Exercise objective>
Could you retype exactly the lines running from the line with "λ q. Keeps-bind" to the end of the data, both included, and nothing else?

Stored items:
-- ===== src/Service/Server/Setup/Kept.antt =====
-- Conditions on the daemon that the socket's set-up and cleanup keep.
use sc_helper.Prelude.{◌≡◌, refl, Bool, true, false, ◌++◌, Text, codes}
use sc_helper.Prelude.Program.{Result, ok, err, or_fail}
use sc_helper.Prelude.Keeps.{Keeps, Keeps-bind, Keeps-pure, Keeps-fail}
use sc_helper.Service.Os.{Target, Event, Env}
use sc_helper.Service.State.{
  Daemon, log, socket_override, exists, remove_file, bind, set_permissions,
}
use sc_helper.Service.Core.Steady.{is_of_socket}
use sc_helper.Service.Server.Setup.{
  socket_path, socket_or, socket_mode, remove_stale, set_up, clean_up,
}

abbrev pub IsDeaf : (Daemon → Type 0) → Type 0
IsDeaf I = (e : Event) (s : Daemon) → is_of_socket e ≡ true → I s → I (log e s)

module _ (env : Env) {I : Daemon → Type 0} (K : IsDeaf I) where
  or_fail-Keeps : {A : Type 0} (context : Text) (r : Result A) → Keeps I (or_fail context r)
  or_fail-Keeps context (ok a) = Keeps-pure a
  or_fail-Keeps context (err e) = Keeps-fail context

  socket_path-Keeps : (target : Target) → Keeps I (socket_path env target)
  unfolding socket_path
  socket_path-Keeps target =
      Keeps-bind {m = socket_override env} (record { apply = λ s h. (tt, K _ s refl h) })
        (λ over. Keeps-pure (socket_or target over))

  remove_stale-Keeps : (path : Text) (b : Bool) → Keeps I (remove_stale env path b)
  unfolding remove_stale
  remove_stale-Keeps path true =
      Keeps-bind {m = remove_file env path} (record { apply = λ s h. (tt, K _ s refl h) })
        (or_fail-Keeps (codes "removing stale socket " ++ path))
  remove_stale-Keeps path false = Keeps-pure tt

  pub set_up-Keeps : (target : Target) → Keeps I (set_up env target)
  unfolding set_up
  set_up-Keeps target = Keeps-bind (socket_path-Keeps target) λ path.
      Keeps-bind {m = exists env path} (record { apply = λ s h. (tt, K _ s refl h) })
        λ stale. Keeps-bind (remove_stale-Keeps path stale) λ _.
          Keeps-bind {m = bind env path} (record { apply = λ s h. (tt, K _ s refl h) })
            λ r. Keeps-bind (or_fail-Keeps (codes "binding " ++ path) r) λ _.
              Keeps-bind {m = set_permissions env path socket_mode}
                (record { apply = λ s h. (tt, K _ s refl h) })
                λ q. Keeps-bind (or_fail-Keeps (codes "chmod 666 " ++ path) q) λ _. Keeps-pure path

  pub clean_up_keeps : (path : Text) (d : Daemon) → I d → I (clean_up env path d)
  unfolding clean_up
  clean_up_keeps path d h = K _ d refl h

Exercise response>
                λ q. Keeps-bind (or_fail-Keeps (codes "chmod 666 " ++ path) q) λ _. Keeps-pure path

  pub clean_up_keeps : (path : Text) (d : Daemon) → I d → I (clean_up env path d)
  unfolding clean_up
  clean_up_keeps path d h = K _ d refl h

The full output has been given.